* Task to carry out: Scan the records below and copy every line that contains the string "crash".

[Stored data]
stored_or_undone_then :
    {A : Type 0} (e : JobEvent) (b c : Board) (x : A)
    → ((all_or_nothing b ((append_job_event e >> pure x) c)).1 ≡ add_event e c)
      ⊎ ((all_or_nothing b ((append_job_event e >> pure x) c)).1 ≡ b)
unfolding all_or_nothing ◌>>◌ ◌>>=◌ pure
stored_or_undone_then e b c x = elim (Bool-cases (job_exists c.jobs e.job_id)) [
  | inl there ↦ inl (rw (append_job_event-does e c, there) refl)
  | inr gone ↦ inr (rw (append_job_event-does e c, gone) refl)
]

one_of-HasEvents :
    (s : System) (b c : Board)
    → (b ≡ c) ⊎ (b ≡ s.board)
    → HasEvents s
    → HasEvents (record { board = c; pending = s.pending })
    → HasEvents (record { board = b; pending = s.pending })
one_of-HasEvents s b c (inl stored) h g =
    subst (λ (x : Board). HasEvents (record { board = x; pending = s.pending })) (sym stored) g
one_of-HasEvents s b c (inr undone) h g =
    subst (λ (x : Board). HasEvents (record { board = x; pending = s.pending })) (sym undone) h

cancelled-Tells :
    (job_id : String) (now : ℕ)
    → Tells job_id
        (as_cancelled now)
        (plain_event job_id "cancelled" "warning" "Job annule." [] now)
        Status.cancelled
unfolding as_cancelled status_name
cancelled-Tells job_id now = record {
  same_id = λ j. refl;
  new_status = λ j. refl;
  its_event = told_event job_id "cancelled" "warning" "Job annule." [] now Status.cancelled refl;
}

-- the row and its event in one transaction
moved_at_once :
    (job_id : String) (f : JobRow → JobRow) (e : JobEvent) (status : Status) (s : System)
    → Tells job_id f e status
    → HasEvents s
    → HasEvents (record {
      board = add_event e (set_jobs (change_job job_id f s.board.jobs) s.board);
      pending = s.pending;
    })
unfolding add_event set_jobs noted
moved_at_once job_id f e status s t h =
    moved_row-HasEvents job_id f status s
      (record {
        board = add_event e (set_jobs (change_job job_id f s.board.jobs) s.board);
        pending = s.pending;
      })
      t.same_id t.new_status refl
      (λ k status' j q g. in_longer (says k status') s.board.events e _ g)
      (at_end (says job_id status) s.board.events e _ t.its_event) h

cancel-HasEvents :
    (job : JobRow) (now : ℕ) (s : System)
    → HasEvents s
    → HasEvents (acted (mark_job_cancelled job now s.board) s)
unfolding mark_job_cancelled acted atomically require change ◌>>=◌ ◌>>◌ all_or_nothing
cancel-HasEvents job now s h = elim (Bool-cases (may_cancel job.status)) [
  | inl may ↦ rw may (
      one_of-HasEvents s _ _
        (stored_or_undone (plain_event job.job_id "cancelled" "warning" "Job annule." [] now)
          s.board (set_jobs (change_job job.job_id (as_cancelled now) s.board.jobs) s.board))
        h
        (moved_at_once job.job_id (as_cancelled now) _ Status.cancelled s
          (cancelled-Tells job.job_id now) h))
  | inr ended ↦ rw ended h
]

-- an event goes over from the pending ones to the stored ones
moved_over :
    (test : JobEvent → Bool) (n : ℕ) (xs ps : List JobEvent) (e : JobEvent)
    → nth n ps ≡ some e
    → any test xs || any test ps ≡ true
    → any test (xs ++ e ∷ []) || any test (without n ps) ≡ true
moved_over test n xs ps e found h =
    ground (arith, any-append test xs (e ∷ []), any-without test n ps e found, h)

-- an event of a job that is gone is lost
lost :
    (n : ℕ) (e : JobEvent) (s : System) (k : String) (status : Status) (j : JobRow)
    → nth n s.pending ≡ some e
    → job_exists s.board.jobs e.job_id ≡ false
    → find_job s.board.jobs k ≡ some j
    → any (says k status) s.board.events || any (says k status) s.pending ≡ true
    → any (says k status) s.board.events || any (says k status) (without n s.pending) ≡ true
unfolding says
lost n e s k status j found gone there h = elim (Bool-cases (str_eq e.job_id k)) [
  | inl same ↦ let absent = find_job-absent s.board.jobs e.job_id k gone same in cc
  | inr other ↦ ground (arith, any-without (says k status) n s.pending e found, other, h)
]

append_next-HasEvents : (n : ℕ) (s : System) → HasEvents s → HasEvents (append_pending n s)
unfolding append_pending noted add_event
append_next-HasEvents n s h = elim (Option-cases (nth n s.pending)) [
  | inl beyond ↦ rw (beyond, append_pending) h
  | inr (e, found) ↦
      rw (found, append_pending)
        (elim (Bool-cases (job_exists s.board.jobs e.job_id)) [
          | inl there ↦
              rw (append_job_event-does e s.board, there)
                (same_jobs s (record { board = add_event e s.board; pending = without n s.pending })
                  refl
                  (λ k status j q g.
                    moved_over (says k status) n s.board.events s.pending e found g)
                  h)
          | inr gone ↦
              rw (append_job_event-does e s.board, gone)
                (same_jobs s (record { board = s.board; pending = without n s.pending }) refl
                  (λ k status j q g. lost n e s k status j found gone q g) h)
        ])
]

create-HasEvents :
    (job_id kind user_id target_id : String) (dry_run : Bool) (payload : Dict Json) (now : ℕ)
    (s : System)
    → HasEvents s
    → HasEvents (acted (create_job job_id kind user_id target_id dry_run payload now s.board) s)
unfolding create_job acted atomically query ◌>>=◌ ◌>>◌ require change all_or_nothing pure new_job
    noted add_event set_jobs status_name
create-HasEvents job_id kind user_id target_id dry_run payload now s h =
    elim (Bool-cases (job_exists s.board.jobs job_id)) [
      | inl taken ↦ rw taken h
      | inr free ↦
          let job = new_job job_id kind user_id target_id dry_run payload now in
          rw free (
            one_of-HasEvents s _ _ (stored_or_undone_then _ s.board _ job) h (
              created-HasEvents job s
                (record {
                  board = add_event _ (set_jobs (s.board.jobs ++ job ∷ []) s.board);
                  pending = s.pending;
                })
                refl (λ k status j q g. in_longer (says k status) s.board.events _ _ g)
                (at_end (says job_id Status.queued) s.board.events _ _
                  (told_event job_id _ _ _ _ now Status.queued refl))
                h))
    ]

take_turn-HasEvents : (t : Turn) (s : System) → HasEvents s → HasEvents (take_turn t s)
unfolding take_turn acted
take_turn-HasEvents (create job_id kind user_id target_id dry_run payload now) s h =
    create-HasEvents job_id kind user_id target_id dry_run payload now s h
take_turn-HasEvents (cancel job now) s h = cancel-HasEvents job now s h
take_turn-HasEvents (set_task job_id task_id) s h = set_task-HasEvents job_id task_id s h
take_turn-HasEvents (tell event) s h = tell-HasEvents event s h
take_turn-HasEvents (start job_id now) s h = start-HasEvents job_id now s h
take_turn-HasEvents (finish job_id exit_code scenario_id dry_run now) s h =
    finish-HasEvents job_id exit_code scenario_id dry_run now s h
take_turn-HasEvents (crash job_id message traceback now) s h =
    crash-HasEvents job_id message traceback now s h
take_turn-HasEvents (reconcile job now minutes) s h = reconcile-HasEvents job now minutes s h
take_turn-HasEvents (append_next n) s h = append_next-HasEvents n s h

* Response for this exercise:
take_turn-HasEvents (crash job_id message traceback now) s h =
    crash-HasEvents job_id message traceback now s h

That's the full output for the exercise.